Clases online con exámenes presenciales, exámenes en los que no se siguen las normas de seguridad, exámenes online en los que casi ni da tiempo a leer las preguntas y pensar antes de responder, quejas por parte de los alumnos que al final no se resuelven… Esto es con lo que nos hemos encontrado en gran parte de las universidades de toda España, y más importante, la mayor queja de todas, es el hecho de hacer exámenes presenciales en mitad de una tercera ola.
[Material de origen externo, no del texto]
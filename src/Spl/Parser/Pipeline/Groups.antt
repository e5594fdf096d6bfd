-- ===== src/Spl/Parser/Pipeline/Groups.antt =====
-- What `splitPipes` hands to the commands.
use quetzalog.Base.{
  true, false, ◌||◌, List, [], ◌∷◌, ◌++◌, ◌≡◌, ◌≢◌, refl, ap, ◌∙◌, arith, if◌then◌else◌,
  append_assoc, append-nil, if_rule,
}
use quetzalog.Spl.Lexer.{Token, TokenKind, is_eof}
use quetzalog.Spl.Parser.Pipeline.{is_pipe, split_from, split_pipes}

-- The tokens that are neither a pipe nor the end of the input.
unfoldable pub stage_tokens : List Token → List Token
stage_tokens [] = []
stage_tokens (t ∷ ts) =
    let more = stage_tokens ts in if is_eof t.kind || is_pipe t.kind then more else t ∷ more

abbrev pub concat : List (List Token) → List Token
concat [] = []
concat (g ∷ gs) = g ++ concat gs

-- Every token of the group is part of a stage.
abbrev pub IsStage : List Token → Type 0
IsStage [] = Unit
IsStage (t ∷ ts) = (is_eof t.kind ≡ false) × (is_pipe t.kind ≡ false) × IsStage ts

abbrev pub AreStages : List (List Token) → Type 0
AreStages [] = Unit
AreStages (g ∷ gs) = (g ≢ []) × IsStage g × AreStages gs

IsStage-append :
    (g : List Token) (t : Token)
    → IsStage g
    → is_eof t.kind ≡ false
    → is_pipe t.kind ≡ false
    → IsStage (g ++ t ∷ [])
IsStage-append [] t h e p = (e, p, tt)
IsStage-append (x ∷ g) t h e p = (h.0, h.1, IsStage-append g t h.2 e p)

split_from-concat :
    (ts group : List Token) → concat (split_from group ts) ≡ group ++ stage_tokens ts
unfolding split_from stage_tokens
split_from-concat [] [] = refl
split_from-concat [] (g ∷ gs) = refl
split_from-concat (t ∷ ts) [] =
    ground (arith, split_from-concat ts [], split_from-concat ts (t ∷ []))
split_from-concat (t ∷ ts) (g ∷ gs) = ground (
  arith,
  split_from-concat ts [],
  split_from-concat ts (g ∷ gs),
  split_from-concat ts ((g ∷ gs) ++ (t ∷ [])),
  append_assoc gs (t ∷ []) (stage_tokens ts),
)

split_from-AreStages : (ts group : List Token) → IsStage group → AreStages (split_from group ts)
unfolding split_from
split_from-AreStages [] [] h = tt
split_from-AreStages [] (g ∷ gs) h = ((λ e. cc), h, tt)
split_from-AreStages (t ∷ ts) [] h =
    if_rule AreStages (is_eof t.kind) _ _ (λ _. split_from-AreStages ts [] tt)
      λ e.
        if_rule AreStages (is_pipe t.kind) _ _ (λ _. split_from-AreStages ts [] tt)
          λ p. split_from-AreStages ts (t ∷ []) (e, p, tt)
split_from-AreStages (t ∷ ts) (g ∷ gs) h =
    if_rule AreStages (is_eof t.kind) _ _ (λ _. split_from-AreStages ts (g ∷ gs) h)
      λ e.
        if_rule AreStages (is_pipe t.kind) _ _ (λ _. ((λ c. cc), h, split_from-AreStages ts [] tt))
          λ p. split_from-AreStages ts ((g ∷ gs) ++ (t ∷ [])) (IsStage-append (g ∷ gs) t h e p)

-- Stages in order, with the token `p` between two of them and `last` behind the last.
unfoldable pub join : Token → Token → List (List Token) → List Token
join p last [] = last ∷ []
join p last (g ∷ []) = g ++ (last ∷ [])
join p last (g ∷ h ∷ gs) = g ++ (p ∷ join p last (h ∷ gs))

split_from-stage :
    (group g rest : List Token)
    → IsStage g
    → split_from group (g ++ rest) ≡ split_from (group ++ g) rest
unfolding split_from
split_from-stage group [] rest h = rw append-nil
split_from-stage group (t ∷ g) rest h =
    rw (h.0, h.1) (split_from-stage (group ++ (t ∷ [])) g rest h.2 ∙ rw append_assoc)

split_from-pipe :
    (g : List Token) (p : Token) (rest : List Token)
    → g ≢ []
    → is_pipe p.kind ≡ true
    → is_eof p.kind ≡ false
    → split_from g (p ∷ rest) ≡ g ∷ split_from [] rest
unfolding split_from
split_from-pipe [] p rest ne pipe e = absurd (ne refl)
split_from-pipe (t ∷ g) p rest ne pipe e = rw (e, pipe)

split_from-last :
    (g : List Token) (last : Token)
    → g ≢ []
    → is_eof last.kind ≡ true
    → split_from g (last ∷ []) ≡ g ∷ []
unfolding split_from
split_from-last [] last ne e = absurd (ne refl)
split_from-last (t ∷ g) last ne e = rw e

pipe-not_eof : (k : TokenKind) → is_pipe k ≡ true → is_eof k ≡ false
unfolding is_eof
pipe-not_eof k h = ground arith

-- `splitPipes` hands on every token that is neither a pipe nor the end of the input, in order, and
-- only such tokens; no group is empty.
split_pipes-concat :
    (ts : List Token) → (concat (split_pipes ts) ≡ stage_tokens ts) × AreStages (split_pipes ts)
unfolding split_pipes
split_pipes-concat ts = (split_from-concat ts [], split_from-AreStages ts [] tt)

-- Stages that are not empty and hold no pipe and no end of the input, joined by pipes and closed by
-- an end of the input, are split into the same stages again.
pub split_pipes-join :
    (p last : Token) (gs : List (List Token))
    → is_pipe p.kind ≡ true
    → is_eof last.kind ≡ true
    → AreStages gs
    → split_pipes (join p last gs) ≡ gs
unfolding split_pipes join
split_pipes-join p last [] pipe e h = unfold split_from in rw e
split_pipes-join p last (g ∷ []) pipe e h =
    split_from-stage [] g (last ∷ []) h.1 ∙ split_from-last g last h.0 e
split_pipes-join p last (g ∷ g' ∷ gs) pipe e h =
    split_from-stage [] g (p ∷ join p last (g' ∷ gs)) h.1
    ∙ split_from-pipe g p (join p last (g' ∷ gs)) h.0 pipe (pipe-not_eof p.kind pipe)
    ∙ ap (◌∷◌ g) (split_pipes-join p last (g' ∷ gs) pipe e h.2)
Cada universidad está intentando llevar a cabo las medidas que cree necesarias, y en muchos casos, se ha decidido hacer clases online con el falso pretexto de asegurar la seguridad de sus alumnos durante el curso, ya que luego han querido realizar los exámenes de forma presencial en mitad de una tercera ola, pero ¿Quién está velando aquí por su seguridad?

21 años, Grado en Marketing, Universidad Rey Juan Carlos I, Madrid: “Yo tenía cada mes dos semanas de clases online y una semana de clase presencial, por lo que una semana al mes no tenía ninguna clase. También he tenido dos asignaturas en las que se ha dado todo online, y aun así, el examen ha sido presencial. Me parece una vergüenza el hecho de tener que dar clases online para no propagar el virus y contribuir a que todo esto se vaya, y que luego para los exámenes finales, en pleno pico de la pandemia, quieran juntar a 140 alumnos en dos clases. Por mucha distancia y por mucha seguridad, creo que no se cumplen bien las medidas. Además, me parece inhumano estar haciendo exámenes con las ventanas abiertas en pleno enero, con el tiempo que hace. Hacer exámenes a temperaturas tan bajas no es lo normal y hace que te cueste concentrarte”.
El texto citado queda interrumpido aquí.